Virtual Health

Integrating Virtual and In-Person HealthCare will improve Patient Outcomes


By San Banerjee, Head Product Development – Health Services, CVS Health

COVID-19 has accelerated the adoption of telemedicine across healthcare enterprises, creating challenges for clinicians trying to manage diverse health conditions while supporting care across both virtual and physical care locations.  

During the pandemic, many specialties found that their care could be delivered virtually, which was one of the positive outcomes of the pandemic. A lot of that got accelerated by the change in the mandate that physical exam was not necessary for evaluation or treatment. The pandemic also induced an aggressive focus on limiting physical interactions and preserving outpatient and hospital capacity for more sick patients.

As the pandemic stabilized, health care facilities began to reopen for more routine care; in-person volume grew slowly while virtual volume fell.
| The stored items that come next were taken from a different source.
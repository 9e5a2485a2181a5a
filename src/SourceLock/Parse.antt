-- ===== src/SourceLock/Parse.antt =====
-- scripts/source_lock.py: `parse_lock_bytes` and `read_lock`. `urlsplit`, the decoder, the reader
-- of JSON, the digest and the file system are arguments.
use yocto_qemu_edu_lab.Common.{ℕ, String, Option, none, some, List, Result, ok, err, ◌>>=◌}
use yocto_qemu_edu_lab.Json.{Fields}
use yocto_qemu_edu_lab.Shape.Parse.{ParseError, Loaded, parse_json_bytes}
use yocto_qemu_edu_lab.SourceLock.Values.{LockError}
use yocto_qemu_edu_lab.SourceLock.Validate.{Url, validate_lock}

pub data ReadError : Type 0 where
  -- the path leaves the repository, and the file cannot be read
  path_escapes cannot_read : ReadError
  bad_json : ParseError → ReadError
  bad_lock : LockError → ReadError

abbrev pub from_json {ℓ} : {A : Type ℓ} → Result ParseError A → Result ReadError A
from_json (ok a) = ok a
from_json (err e) = err (bad_json e)

abbrev pub from_lock {ℓ} : {A : Type ℓ} → Result LockError A → Result ReadError A
from_lock (ok a) = ok a
from_lock (err e) = err (bad_lock e)

module _ (urlsplit : String → Option Url) (decode : List ℕ → Option String)
    (loads : String → Loaded) (sha256 : List ℕ → String) where
  unfoldable pub parse_lock_bytes : List ℕ → Result ReadError (Fields × String)
  parse_lock_bytes raw = from_json (parse_json_bytes decode loads sha256 raw) >>= λ (lock, digest).
      from_lock (validate_lock urlsplit lock) >>= λ valid. ok (lock, digest)

  -- the bytes of the file, at most one more than the bound, or none where it cannot be read
  unfoldable pub read_lock : Option (List ℕ) → Result ReadError (Fields × String)
  unfolding parse_lock_bytes
  read_lock none = err cannot_read
  read_lock (some raw) = parse_lock_bytes raw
Things may change if there is another pandemic, but virtual care continues to be on an average of 18-20% of overall outpatient care across the industry. 
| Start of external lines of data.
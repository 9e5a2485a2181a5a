-- ===== src/LabConfig/Catalog.antt =====
-- scripts/lab_config.py: the catalog of an index and its manifests, and the selection of a lab.
-- Python's library and the files are arguments. A set is the list of its members.
use yocto_qemu_edu_lab.Common.{
  ℕ, String, str_eq, member, lookup, insert, Bool, true, false, ◌&&◌, ◌||◌, not, none, some, List,
  [], ◌∷◌, Result, ok, err, ◌>>=◌, ensure, in_turn,
}
use yocto_qemu_edu_lab.Json.{Json, str, arr, obj, Fields, Items, nil, cons, items}
use yocto_qemu_edu_lab.Shape.Parse.{ParseError, Parsed}
use yocto_qemu_edu_lab.SourceLock.Parse.{ReadError}
use yocto_qemu_edu_lab.LabConfig.Values.{
  LabError, Checked, not_text, not_object, other_build, other_digest, duplicate_build_dir,
  duplicate_machine, no_key, not_labs, item_at,
}
use yocto_qemu_edu_lab.LabConfig.Manifest.{validate_manifest}

pub data CatalogError : Type 0 where
  bad_json : ParseError → CatalogError
  bad_lab : LabError → CatalogError
  -- a path that leaves the repository, and an invalid source lock
  escapes : CatalogError
  bad_source_lock : ReadError → CatalogError

abbrev pub Cataloged : Type 0 → Type 0
Cataloged = Result CatalogError

abbrev pub from_json : {A : Type 0} → Parsed A → Cataloged A
from_json (ok a) = ok a
from_json (err e) = err (bad_json e)

abbrev pub from_lab : {A : Type 0} → Checked A → Cataloged A
from_lab (ok a) = ok a
from_lab (err e) = err (bad_lab e)

-- A text, an object and an array where the validators have found one.
abbrev pub as_string : Json → Checked String
as_string (str text) = ok text
as_string _ = err not_text

abbrev pub as_object : Json → Checked Fields
as_object (obj fields) = ok fields
as_object _ = err not_object

abbrev pub as_list : Json → Checked (List Json)
as_list (arr vs) = ok (items vs)
as_list _ = err not_labs

abbrev pub string_at : String → Fields → Checked String
string_at key fields = item_at key fields >>= as_string

abbrev pub object_at : String → Fields → Checked Fields
object_at key fields = item_at key fields >>= as_object

-- `==` of the values that a validated build has: texts, and arrays of texts
unfoldable mutual
  pub same_build_value : Json → Json → Bool
  same_build_value (str s) (str t) = str_eq s t
  same_build_value (arr vs) (arr ws) = same_build_items vs ws
  same_build_value _ _ = false

  pub same_build_items : Items → Items → Bool
  same_build_items nil nil = true
  same_build_items (cons v vs) (cons w ws) = same_build_value v w && same_build_items vs ws
  same_build_items _ _ = false

abbrev pub parity_check : Fields → Fields → String → Checked Unit
parity_check legacy selected key = item_at key legacy >>= λ old.
    item_at key selected >>= λ new. ensure (same_build_value old new) other_build

unfoldable pub default_build_parity_data : Fields → Fields → Checked Unit
default_build_parity_data source_data lab = object_at "build" source_data >>= λ legacy.
    object_at "build" lab >>= λ selected. in_turn (
      parity_check legacy selected "build_dir"
      ∷ parity_check legacy selected "distro"
      ∷ parity_check legacy selected "machine"
      ∷ parity_check legacy selected "targets"
      ∷ parity_check legacy selected "layers"
      ∷ [])

-- What the loop over the entries has gathered.
pub record Gathered : Type 0 where
  pub build_dirs : List String
  pub machines : List String
  pub manifests : List (String × Fields)
  pub digests : List (String × String)

abbrev pub start : Gathered
start = record { build_dirs = []; machines = []; manifests = []; digests = [] }

abbrev pub place_checks : Gathered → String → String → String → List (Checked Unit)
place_checks g build_dir sdk_dir machine =
    ensure (not (member build_dir g.build_dirs)) duplicate_build_dir
    ∷ ensure (not (member sdk_dir g.build_dirs || str_eq sdk_dir build_dir)) duplicate_build_dir
    ∷ ensure (not (member machine g.machines)) duplicate_machine
    ∷ []

-- the build directory, that of the development, and the machine
abbrev pub places : Fields → Checked (String × String × String)
places lab = object_at "build" lab >>= λ build. string_at "build_dir" build >>= λ dir.
    object_at "development" lab >>= λ development. string_at "build_dir" development >>= λ sdk_dir.
    string_at "machine" build >>= λ machine. ok (dir, sdk_dir, machine)

unfoldable pub add_lab : Gathered → String → Fields → String → Checked Gathered
unfolding insert
add_lab g i lab digest = places lab >>= λ (build_dir, sdk_dir, machine).
    in_turn (place_checks g build_dir sdk_dir machine) >>= λ apart. ok (record {
      build_dirs = sdk_dir ∷ build_dir ∷ g.build_dirs;
      machines = machine ∷ g.machines;
      manifests = insert i lab g.manifests;
      digests = insert i digest g.digests;
    })

-- `index`, `index_digest`, `manifests` and `digests`
pub record Catalog : Type 0 where
  pub index : Fields
  pub index_digest : String
  pub manifests : List (String × Fields)
  pub digests : List (String × String)

-- an entry of the index, which `validate_index` has read as such
abbrev pub entry_texts : Json → Checked (String × String × String)
entry_texts value = as_object value >>= λ entry. string_at "id" entry >>= λ i.
    string_at "manifest" entry >>= λ path.
    string_at "sha256" entry >>= λ digest. ok (i, path, digest)

-- `manifests[default_lab]`
abbrev pub at_id : {A : Type 0} → String → List (String × A) → Checked A
at_id i table = elim (lookup i table) [ none ↦ err no_key | some value ↦ ok value ]

module _ (category : ℕ → String) (manifest_reader : String → Cataloged (Fields × String)) where
  unfoldable pub gather_entry : Gathered → Json → Cataloged Gathered
  gather_entry g value = from_lab (entry_texts value) >>= λ (i, path, expected).
      manifest_reader path >>= λ (lab, actual).
      from_lab (ensure (str_eq actual expected) other_digest) >>= λ hashed.
      from_lab (validate_manifest category lab i) >>= λ valid. from_lab (add_lab g i lab actual)

  unfoldable pub gather : List Json → Gathered → Cataloged Gathered
  gather [] g = ok g
  gather (value ∷ values) g = gather_entry g value >>= λ next. gather values next

  unfoldable pub catalog_from_index : Fields → String → Fields → Cataloged Catalog
  catalog_from_index index digest source_data =
      from_lab (item_at "labs" index >>= as_list) >>= λ entries.
      from_lab (string_at "default_lab" index) >>= λ default_lab. gather entries start >>= λ g.
      from_lab (at_id default_lab g.manifests) >>= λ lab.
      from_lab (default_build_parity_data source_data lab) >>= λ same. ok (record {
        index = index;
        index_digest = digest;
        manifests = g.manifests;
        digests = g.digests;
      })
As we see these shifts, clinicians, providers, and practices have a few common questions – What is the best approach to offering virtual care alongside in-person care, and what is the right mix between these approaches? How will we know whether virtual care is succeeding, and in particular, is it reaching patients as safely and equitably as possible?

Patient Needs 

While we look at this from a provider, practice standpoint from a patient perspective, the introduction of virtual care in the mix, which was needed during the pandemic, has created an additional burden on a patient to choose the right channel to start the care, set the right expectations from the interactions and probably many patients are still trying to learn. To improve patient experience and outcomes, virtual and in-person care needs to be balanced and looked at more holistically.

Beyond technology, it’s also important to create a proper support structure to provide timely support for patients, clinicians and clinical teams before and during any visits.
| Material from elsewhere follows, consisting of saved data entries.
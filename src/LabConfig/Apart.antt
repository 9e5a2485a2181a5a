-- ===== src/LabConfig/Apart.antt =====
-- scripts/lab_config.py: what one round of `_catalog_from_index` keeps true of the labs so far.
use yocto_qemu_edu_lab.Common.{
  String, str_eq, eq_iff, member, insert, ◌≡◌, sym, ap, Bool, true, false, ◌&&◌, ◌||◌, not, List,
  [], ◌∷◌, arith, ok, >>=-eq-ok, in_turn, in_turn-ok, ensure-true, result_or,
}
use yocto_qemu_edu_lab.Json.{Fields}
use yocto_qemu_edu_lab.LabConfig.Catalog.{Gathered, places, place_checks, add_lab}

-- a build directory, a development directory and a machine
abbrev pub Places : Type 0
Places = String × String × String

-- no directory of one is a directory of the other, and the machines differ
abbrev pub are_apart : Places → Places → Bool
are_apart (dir, sdk, machine) (dir', sdk', machine') =
    not (str_eq dir dir')
    && not (str_eq dir sdk')
    && not (str_eq sdk dir')
    && not (str_eq sdk sdk')
    && not (str_eq machine machine')

abbrev pub among : Places → Gathered → Bool
among (dir, sdk, machine) g =
    member dir g.build_dirs && member sdk g.build_dirs && member machine g.machines

abbrev pub outside : Places → Gathered → Bool
outside (dir, sdk, machine) g =
    not (member dir g.build_dirs)
    && not (member sdk g.build_dirs)
    && not (member machine g.machines)

member-apart :
    (x y : String) (xs : List String)
    → member x xs ≡ true
    → member y xs ≡ false
    → (str_eq x y ≡ false) × (str_eq y x ≡ false)
member-apart x y [] h k = cc
member-apart x y (z ∷ zs) h k =
    ground (arith, eq_iff x y, eq_iff y x, eq_iff x z, eq_iff y z, member-apart x y zs)

pub among-are_apart :
    (p q : Places) (g : Gathered)
    → among p g ≡ true
    → outside q g ≡ true
    → (are_apart p q ≡ true) × (are_apart q p ≡ true)
among-are_apart (dir, sdk, machine) (dir', sdk', machine') g h k = ground (
  arith,
  member-apart dir dir' g.build_dirs,
  member-apart dir sdk' g.build_dirs,
  member-apart sdk dir' g.build_dirs,
  member-apart sdk sdk' g.build_dirs,
  member-apart machine machine' g.machines,
)

-- What a successful round has seen of the lab that it adds.
pub record Added (g next : Gathered) (i : String) (lab : Fields) (digest : String) : Type 0 where
  pub at : Places
  pub placed : places lab ≡ ok at
  pub new : outside at g ≡ true
  pub within : among at next ≡ true
  pub keeps : (p : Places) → among p g ≡ true → among p next ≡ true
  pub manifests : next.manifests ≡ insert i lab g.manifests
  pub digests : next.digests ≡ insert i digest g.digests

outside-intro :
    (g : Gathered) (dir sdk machine : String)
    → not (member dir g.build_dirs) ≡ true
    → not (member sdk g.build_dirs || str_eq sdk dir) ≡ true
    → not (member machine g.machines) ≡ true
    → outside (dir, sdk, machine) g ≡ true
outside-intro g dir sdk machine h k l = ground arith

grown_within :
    (g next : Gathered) (dir sdk machine : String)
    → next.build_dirs ≡ sdk ∷ dir ∷ g.build_dirs
    → next.machines ≡ machine ∷ g.machines
    → among (dir, sdk, machine) next ≡ true
grown_within g next dir sdk machine h k =
    rw (h, k) (ground (arith, eq_iff dir dir, eq_iff sdk sdk, eq_iff machine machine))

grown_keeps :
    (g next : Gathered) (dir sdk machine : String) (p : Places)
    → next.build_dirs ≡ sdk ∷ dir ∷ g.build_dirs
    → next.machines ≡ machine ∷ g.machines
    → among p g ≡ true
    → among p next ≡ true
grown_keeps g next dir sdk machine (d, s, m) h k old = rw (h, k) (ground arith)

pub add_lab-Added :
    (g : Gathered) (i : String) (lab : Fields) (digest : String) {next : Gathered}
    → add_lab g i lab digest ≡ ok next
    → Added g next i lab digest
unfolding add_lab
add_lab-Added g i lab digest {next} h =
    let ((dir, sdk, machine), placed, h1) = >>=-eq-ok (places lab) _ h in
    let (_, fine, h2) = >>=-eq-ok (in_turn (place_checks g dir sdk machine)) _ h1 in
    let (new_dir, (new_sdk, (new_machine, _))) = in_turn-ok (place_checks g dir sdk machine) fine in
    let made = ap (result_or next) h2 in
    let dirs : next.build_dirs ≡ sdk ∷ dir ∷ g.build_dirs = sym (ap (λ n. n.build_dirs) made) in
    let machines : next.machines ≡ machine ∷ g.machines = sym (ap (λ n. n.machines) made) in
    record {
      at = (dir, sdk, machine);
      placed = placed;
      new =
          outside-intro g dir sdk machine (ensure-true _ _ new_dir) (ensure-true _ _ new_sdk)
            (ensure-true _ _ new_machine);
      within = grown_within g next dir sdk machine dirs machines;
      keeps = λ p. grown_keeps g next dir sdk machine p dirs machines;
      manifests = sym (ap (λ n. n.manifests) made);
      digests = sym (ap (λ n. n.digests) made);
    }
Best Practices and Outlook

Health enterprises and practices have to develop an integrated process/criteria for triaging and scheduling (integrated scheduling) patients for in-person or virtual visits. These criteria can be condition or symptom-based or a combination of visit types across specialties and patient populations. The scheduling criteria should be set up to help determine whether the visit is appropriate for virtual or in-person instead of putting that burden on the patient. For example, a medication follow-up can be done appropriately on a virtual visit compared to an in-person setting. Building a robust scheduling capability and integrating that into the experience helps patients get answers for the right care venue for the condition they are seeking care. This also helps providers to use virtual care in a more integrated way in creating and following a care plan for patients.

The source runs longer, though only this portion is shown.